I recently got a K-106. Looking close, and lo and behold it has the smaller die. At first I thought they changed the dome geometry, so from looking from the outside it just has a smaller apparent die size, but looking closer it's only the die itself that looks smaller. 

At least that's how it looks by the naked eye. 

I suspect it has something to do with the newer XP-E and XP-G series.
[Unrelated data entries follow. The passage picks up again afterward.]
-- ===== src/TargetService.antt =====
-- target-service: the observation store and the client of the DBMS.
pub mod SqlString
pub mod Framing
pub mod Client
pub mod Validate
pub mod Store
mod Tests
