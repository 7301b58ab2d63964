-- ===== src/TargetService/Client.antt =====
-- target-service/dbclient/client.go: `Client`, `Exec` and `Close`. The lock makes each call one step.
pub mod Connection
mod Tests
use tac_os.Base.{
  ℕ, ◌==◌, ltb, if◌then◌else◌, Bool, true, false, not, ◌||◌, Bytes, List, [], ◌∷◌, length, Option,
  none, some,
}
use tac_os.Dbms.Frame.{Written, Sent, sent, write_part, uint32, put_uint32}

-- what the JSON decoder makes of a body: an error, a response with text behind it, or a response
pub data Decoded (R : Type 0) : Type 0 where
  malformed trailing : Decoded R
  decoded : R → Decoded R

-- The network, the context of the call, UTF-8 and JSON, behind a world `W`. `C` is a connection and
-- `R` a response.
pub record Network (W C R : Type 0) : Type 0 where
  pub valid_utf8 : Bytes → Bool
  -- `strings.TrimSpace(sql) == ""`
  pub is_blank : Bytes → Bool
  pub cancelled : W → Bool
  pub dial : W → W × Option C
  pub set_deadline : C → W → W × Bool
  pub write : C → Bytes → W → W × Written
  pub read_full : C → ℕ → W → W × Option Bytes
  pub close : C → W → W
  pub decode : Bytes → Decoded R
  -- `validate`, and `r.OK`
  pub is_valid : R → Bool
  pub is_ok : R → Bool

pub record Client (C : Type 0) : Type 0 where
  pub conn : Option C
  pub closed : Bool

pub data ExecError : Type 0 where
  bad_sql frame_size client_closed context_done dial_failed : ExecError
  deadline_failed header_unsent body_unsent no_header bad_length no_body : ExecError
  invalid_utf8 malformed_json trailing_json invalid_response : ExecError

-- a result, a response with an error, or a failure
pub data ExecResult (R : Type 0) : Type 0 where
  answered query_failed : R → ExecResult R
  failed : ExecError → ExecResult R

abbrev pub max_sql : ℕ
max_sql = 1048576

-- `writeAll`
abbrev pub write_all : {W : Type 0} → (Bytes → W → W × Written) → Bytes → W → W × Sent
write_all write b w = write_part write (length b) b w

abbrev pub all_sent : Sent → Bool
all_sent sent = true
all_sent _ = false

module _ {W C R : Type 0} (net : Network W C R) where
  -- `c.drop()` with an open connection, and the failure that is returned
  unfoldable pub dropped : C → ExecError → Client C → W → W × Client C × ExecResult R
  dropped conn e c w = (net.close conn w, record c { conn = none }, failed e)

  -- from `validate` on
  unfoldable pub finish : C → Decoded R → Client C → W → W × Client C × ExecResult R
  unfolding dropped
  finish conn malformed c w = dropped conn malformed_json c w
  finish conn trailing c w = dropped conn trailing_json c w
  finish conn (decoded r) c w =
      if not (net.is_valid r)
      then dropped conn invalid_response c w
      else (w, c, if net.is_ok r then answered r else query_failed r)

  unfoldable pub on_body : C → Client C → W × Option Bytes → W × Client C × ExecResult R
  unfolding finish
  on_body conn c (w, none) = dropped conn no_body c w
  on_body conn c (w, some body) =
      if not (net.valid_utf8 body)
      then dropped conn invalid_utf8 c w
      else finish conn (net.decode body) c w

  unfoldable pub on_header : C → Client C → W × Option Bytes → W × Client C × ExecResult R
  unfolding on_body
  on_header conn c (w, none) = dropped conn no_header c w
  on_header conn c (w, some header) =
      let n = uint32 header in
      if n == 0 || ltb max_sql n
      then dropped conn bad_length c w
      else on_body conn c (net.read_full conn n w)

  -- behind the header: the body of the request, and the response
  unfoldable pub on_header_sent : C → Bytes → Client C → W → W × Client C × ExecResult R
  unfolding on_header
  on_header_sent conn sql c w =
      let (w', r) = write_all (net.write conn) sql w in
      if not (all_sent r)
      then dropped conn body_unsent c w'
      else on_header conn c (net.read_full conn 4 w')

  -- the exchange over an open connection
  unfoldable pub exchange : C → Bytes → Client C → W → W × Client C × ExecResult R
  unfolding on_header_sent
  exchange conn sql c w =
      let (w', set) = net.set_deadline conn w in
      let (w'', r) = write_all (net.write conn) (put_uint32 (length sql)) w' in
      if not set
      then dropped conn deadline_failed c w'
      else if not (all_sent r)
      then dropped conn header_unsent c w''
      else on_header_sent conn sql c w''

  unfoldable pub on_dialed : Bytes → Client C → W × Option C → W × Client C × ExecResult R
  unfolding exchange
  on_dialed sql c (w, none) = (w, c, failed dial_failed)
  on_dialed sql c (w, some conn) = exchange conn sql (record c { conn = some conn }) w

  unfoldable pub connected : Bytes → Client C → Option C → W → W × Client C × ExecResult R
  unfolding on_dialed
  connected sql c none w = on_dialed sql c (net.dial w)
  connected sql c (some conn) w = exchange conn sql c w

  unfoldable pub exec : Bytes → Client C → W → W × Client C × ExecResult R
  unfolding connected
  exec sql c w =
      if not (net.valid_utf8 sql) || net.is_blank sql
      then (w, c, failed bad_sql)
      else if ltb max_sql (length sql)
      then (w, c, failed frame_size)
      else if c.closed
      then (w, c, failed client_closed)
      else if net.cancelled w
      then (w, c, failed context_done)
      else connected sql c c.conn w

  -- `drop`, on a connection or none
  unfoldable pub drop : Option C → Client C → W → W × Client C
  drop none c w = (w, c)
  drop (some conn) c w = (net.close conn w, record c { conn = none })

  -- `Close`
  unfoldable pub close : Client C → W → W × Client C
  unfolding drop
  close c w = drop c.conn (record c { closed = true }) w
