-- ===== src/TargetService/Client/Connection.antt =====
-- target-service/dbclient/client.go: what a call leaves of the connection.
use tac_os.Base.{
  ◌≡◌, ◌≢◌, refl, ◌==◌, ltb, if◌then◌else◌, Bool, true, false, not, ◌||◌, Bool-cases, inl, inr,
  Bytes, length, Option, none, some,
}
use tac_os.Dbms.Frame.{uint32}
use tac_os.TargetService.Client.{
  Network, Decoded, malformed, trailing, decoded, Client, ExecError, bad_sql, frame_size,
  client_closed, context_done, dial_failed, ExecResult, answered, query_failed, failed, dropped,
  finish, on_body, on_header, on_header_sent, exchange, on_dialed, connected, exec, max_sql,
  write_all, all_sent,
}

-- The call failed before anything was sent, with the connection that there was.
abbrev pub is_early : ExecError → Bool
is_early bad_sql = true
is_early frame_size = true
is_early client_closed = true
is_early context_done = true
is_early dial_failed = true
is_early _ = false

-- The connection before a call, the result, and the connection behind it.
abbrev pub Leaves : {C R : Type 0} → Option C → ExecResult R → Option C → Type 0
Leaves before (failed e) after = if is_early e then after ≡ before else (after ≡ none)
Leaves before (answered r) after = after ≢ none
Leaves before (query_failed r) after = after ≢ none

-- What a call leaves, for a client with the connection `before`.
abbrev Ended : {W C R : Type 0} → Option C → Bool → W × Client C × ExecResult R → Type 0
Ended before closed (w, c, r) = (c.closed ≡ closed) × Leaves before r c.conn

Ended-if :
    {W C R : Type 0} (before : Option C) (closed : Bool) (b : Bool)
    (x y : W × Client C × ExecResult R)
    → Ended before closed x
    → Ended before closed y
    → Ended before closed (if b then x else y)
Ended-if before closed true x y hx hy = hx
Ended-if before closed false x y hx hy = hy

module _ {W C R : Type 0} (net : Network W C R) (before : Option C) (closed : Bool) (conn : C) where
  abbrev client : Client C
  client = record { conn = some conn; closed = closed }

  finish-Ended : (d : Decoded R) (w : W) → Ended before closed (finish net conn d client w)
  unfolding finish dropped
  finish-Ended malformed w = (refl, refl)
  finish-Ended trailing w = (refl, refl)
  finish-Ended (decoded r) w = elim (Bool-cases (net.is_valid r)) [
    | inl e ↦ rw e (elim (Bool-cases (net.is_ok r)) [
      | inl k ↦ rw k (refl, λ z. cc)
      | inr k ↦ rw k (refl, λ z. cc)
    ])
    | inr e ↦ rw e (refl, refl)
  ]

  on_body-Ended : (p : W × Option Bytes) → Ended before closed (on_body net conn client p)
  unfolding on_body dropped
  on_body-Ended (w, none) = (refl, refl)
  on_body-Ended (w, some body) =
      Ended-if before closed (not (net.valid_utf8 body)) _ _ (refl, refl)
        (finish-Ended (net.decode body) w)

  on_header-Ended : (p : W × Option Bytes) → Ended before closed (on_header net conn client p)
  unfolding on_header dropped
  on_header-Ended (w, none) = (refl, refl)
  on_header-Ended (w, some header) =
      Ended-if before closed (uint32 header == 0 || ltb max_sql (uint32 header)) _ _ (refl, refl)
        (on_body-Ended (net.read_full conn (uint32 header) w))

  on_header_sent-Ended :
      (sql : Bytes) (w : W) → Ended before closed (on_header_sent net conn sql client w)
  unfolding on_header_sent dropped
  on_header_sent-Ended sql w =
      Ended-if before closed (not (all_sent (write_all (net.write conn) sql w).1)) _ _ (refl, refl)
        (on_header-Ended _)

  exchange-Ended : (sql : Bytes) (w : W) → Ended before closed (exchange net conn sql client w)
  unfolding exchange dropped
  exchange-Ended sql w =
      Ended-if before closed (not (net.set_deadline conn w).1) _ _ (refl, refl)
        (Ended-if before closed _ _ _ (refl, refl) (on_header_sent-Ended sql _))

module _ {W C R : Type 0} (net : Network W C R) where
  on_dialed-Ended :
      (sql : Bytes) (closed : Bool) (p : W × Option C)
      → Ended none closed (on_dialed net sql (record { conn = none; closed = closed }) p)
  unfolding on_dialed
  on_dialed-Ended sql closed (w, none) = (refl, refl)
  on_dialed-Ended sql closed (w, some c) = exchange-Ended net none closed c sql w

  connected-Ended :
      (sql : Bytes) (before : Option C) (closed : Bool) (w : W)
      → Ended before closed (connected net sql (record { conn = before; closed = closed }) before w)
  unfolding connected
  connected-Ended sql none closed w = on_dialed-Ended sql closed (net.dial w)
  connected-Ended sql (some c) closed w = exchange-Ended net (some c) closed c sql w

  -- After `Exec` with a response, with an error in it or not, the client has a connection. After a
  -- failure it has none, unless the text or its length, a closed client, an ended context or a failed
  -- dial ended the call: then the connection is the one that it had. Whether the client is closed does
  -- not change.
  pub exec-Leaves :
      (sql : Bytes) (c : Client C) (w : W)
      → ((exec net sql c w).1.closed ≡ c.closed)
        × Leaves c.conn (exec net sql c w).2 (exec net sql c w).1.conn
  unfolding exec
  exec-Leaves sql c w =
      let early =
        λ (b : Bool) (x y : W × Client C × ExecResult R). Ended-if c.conn c.closed b x y in
      early (not (net.valid_utf8 sql) || net.is_blank sql) _ _ (refl, refl)
        (early (ltb max_sql (length sql)) _ _ (refl, refl)
          (early c.closed _ _ (refl, refl)
            (early (net.cancelled w) _ _ (refl, refl) (connected-Ended sql c.conn c.closed w))))

  -- On a closed client `Exec` always fails, the world is unchanged, and so is the client.
  pub exec-closed :
      (sql : Bytes) (c : Client C) (w : W)
      → c.closed ≡ true
      → (e : ExecError) × (is_early e ≡ true) × (exec net sql c w ≡ (w, c, failed e))
  unfolding exec
  exec-closed sql c w h = elim (Bool-cases (not (net.valid_utf8 sql) || net.is_blank sql)) [
    | inl e ↦ (bad_sql, refl, rw e refl)
    | inr e ↦ elim (Bool-cases (ltb max_sql (length sql))) [
      | inl k ↦ (frame_size, refl, rw (e, k) refl)
      | inr k ↦ (client_closed, refl, rw (e, k, h) refl)
    ]
  ]
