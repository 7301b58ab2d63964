-- ===== src/TargetService/Client/Tests.antt =====
-- Calls of the client at concrete inputs. The world counts the connections that were opened and are
-- not closed; a connection is a number, and the peer closes before it responds.
use tac_os.Base.{ℕ, ◌+◌, ◌-◌, ◌≡◌, true, false, codes, Bytes, length, none, some}
use tac_os.Dbms.Frame.{wrote}
use tac_os.TargetService.Client.{Network, malformed, exec}
use tac_os.TargetService.Client.Connection.{Leaves, exec-Leaves}

abbrev silent : Network ℕ ℕ Bytes
silent = record {
  valid_utf8 = λ s. true;
  is_blank = λ s. false;
  cancelled = λ w. false;
  dial = λ w. (w + 1, some w);
  set_deadline = λ c w. (w, true);
  write = λ c b w. (w, wrote (length b));
  read_full = λ c n w. (w, none);
  close = λ c w. w - 1;
  decode = λ b. malformed;
  is_valid = λ r. true;
  is_ok = λ r. true;
}

exec-Leaves_example :
    ((exec silent (codes "SELECT") (record { conn = none; closed = false }) 0).1.closed ≡ false)
    × Leaves none
        (exec silent (codes "SELECT") (record { conn = none; closed = false }) 0).2
        (exec silent (codes "SELECT") (record { conn = none; closed = false }) 0).1.conn
exec-Leaves_example = exec-Leaves silent (codes "SELECT") (record { conn = none; closed = false }) 0
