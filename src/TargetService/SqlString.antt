-- ===== src/TargetService/SqlString.antt =====
-- target-service/dbclient/client.go: `SQLString`, and its reading by server/dbms/lexer.go.
use tac_os.Base.{
  ℕ, suc, ◌+◌, ◌≡◌, refl, ◌∙◌, ap, sym, ==→≡, arith, Option, false, Bool, Bool-cases, inl, inr,
  ◌==◌, if◌then◌else◌, Bytes, [], ◌∷◌, ◌++◌, length, length-append, append_assoc, append-nil, some,
}
use tac_os.Dbms.Lexer.{Token, text_literal, whitespace, quoted, text_token, lex_token, lex_from}
use tac_os.Dbms.Outcome
use tac_os.Dbms.Outcome.{Outcome, ok}

-- `strings.ReplaceAll(s, "'", "''")`
unfoldable pub double_quotes : Bytes → Bytes
double_quotes [] = []
double_quotes (c ∷ cs) =
    let rest = double_quotes cs in if c == b'\'' then b'\'' ∷ b'\'' ∷ rest else c ∷ rest

unfoldable pub sql_string : Bytes → Bytes
sql_string s = b'\'' ∷ (double_quotes s ++ b'\'' ∷ [])

-- What follows is no quote.
abbrev pub starts_with_quote : Bytes → Bool
starts_with_quote [] = false
starts_with_quote (c ∷ cs) = c == b'\''

quoted-plain :
    (i : ℕ) (decoded : Bytes) (c : ℕ) (cs : Bytes)
    → c == b'\'' ≡ false
    → quoted i decoded (c ∷ cs) ≡ quoted (i + 1) (decoded ++ c ∷ []) cs
unfolding quoted
quoted-plain i decoded c [] h = rw h refl
quoted-plain i decoded c (d ∷ cs) h = rw h refl

quoted-doubled :
    (i : ℕ) (decoded cs : Bytes)
    → quoted i decoded (b'\'' ∷ b'\'' ∷ cs) ≡ quoted (i + 2) (decoded ++ b'\'' ∷ []) cs
unfolding quoted
quoted-doubled i decoded cs = refl

quoted_closing :
    (i : ℕ) (decoded rest : Bytes)
    → starts_with_quote rest ≡ false
    → quoted i decoded (b'\'' ∷ rest) ≡ some (decoded, i + 1, rest)
unfolding quoted
quoted_closing i decoded [] h = refl
quoted_closing i decoded (d ∷ rest) h = rw h refl

read_to :
    {a b rest : Bytes} {i j : ℕ}
    → a ≡ b
    → i ≡ j
    → ◌≡◌ {A = Option (Bytes × ℕ × Bytes)} (some (a, i, rest)) (some (b, j, rest))
read_to p q = cc

quoted-double_quotes :
    (i : ℕ) (decoded s rest : Bytes)
    → starts_with_quote rest ≡ false
    → quoted i decoded (double_quotes s ++ (b'\'' ∷ rest))
      ≡ some (decoded ++ s, i + length (double_quotes s) + 1, rest)
unfolding double_quotes
quoted-double_quotes i decoded [] rest h =
    quoted_closing i decoded rest h
    ∙ rw append-nil (ap (λ j. some (decoded, j, rest)) (omega arith))
quoted-double_quotes i decoded (c ∷ cs) rest h = elim (Bool-cases (c == b'\'')) [
  | inl e ↦ rw e (
      quoted-doubled i decoded (double_quotes cs ++ (b'\'' ∷ rest))
      ∙ quoted-double_quotes (i + 2) (decoded ++ b'\'' ∷ []) cs rest h
      ∙ read_to
          (append_assoc decoded (b'\'' ∷ []) cs
            ∙ ap (λ x. decoded ++ x ∷ cs) (sym (==→≡ c b'\'' e)))
          (omega arith))
  | inr e ↦ rw e (
      quoted-plain i decoded c (double_quotes cs ++ (b'\'' ∷ rest)) e
      ∙ quoted-double_quotes (i + 1) (decoded ++ c ∷ []) cs rest h
      ∙ read_to (append_assoc decoded (c ∷ []) cs) (omega arith))
]

abbrev pub text_token_at : Bytes → ℕ → Token
text_token_at s i = record { kind = text_literal; text = s; position = i }

lex_token-sql_string :
    (i : ℕ) (s rest : Bytes)
    → starts_with_quote rest ≡ false
    → lex_token i b'\'' ((double_quotes s ++ b'\'' ∷ []) ++ rest)
      ≡ ok (text_token_at s i, i + length (sql_string s), rest)
unfolding lex_token sql_string
lex_token-sql_string i s rest h = rw (append_assoc (double_quotes s) (b'\'' ∷ []) rest) (
    ap (text_token i) (quoted-double_quotes (i + 1) [] s rest h)
    ∙ ap (λ j. ok (text_token_at s i, j, rest))
        (omega (arith, length-append (double_quotes s) (b'\'' ∷ []))))

-- The DBMS reads the text behind `SQLString`, whatever it holds, as one TEXT literal with that text,
-- if no quote follows; then it goes on behind it.
pub lex_from-sql_string :
    (fuel i : ℕ) (s rest : Bytes)
    → starts_with_quote rest ≡ false
    → lex_from (suc fuel) i (sql_string s ++ rest)
      ≡ Outcome.◌>>=◌
          (lex_from fuel (i + length (sql_string s)) rest)
          (λ ts. ok (text_token_at s i ∷ ts))
unfolding lex_from whitespace
lex_from-sql_string fuel i s rest h = unfold sql_string in rw (lex_token-sql_string i s rest h) refl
Oh, and I do see the exposed copper pad area as well. So no, you are not crazy.


----------



## saabluster (Jun 23, 2009)

Marduke said:


> I recently got a K-106. Looking close, and lo and behold it has the smaller die. At first I thought they changed the dome geometry, so from looking from the outside it just has a smaller apparent die size, but looking closer it's only the die itself that looks smaller.
> 
> At least that's how it looks by the naked eye.
> 
> ...



Although I may be right on this that is hardly evidence that I'm not crazy. Looking at those pictures it looks like there is more going on though. If they are both XR-E dies then the base being larger does not explain the fact that one die appears much smaller. So either the small one is an updated XR-C die or there are other changes such as the index of refraction of the gel and glass used to encapsulate the LED causing a reduction in the magnification.:shrug: I don't know. Just thinking out loud.


----------



## Marduke (Jun 23, 2009)

Well, it looks like the base is the same size, but the physical die is shrunk. Perhaps they did something to shrink the EZ1000 dice for the XP-E and no one noticed the small change before, or attributed the slightly different look to the dome shape difference between the models.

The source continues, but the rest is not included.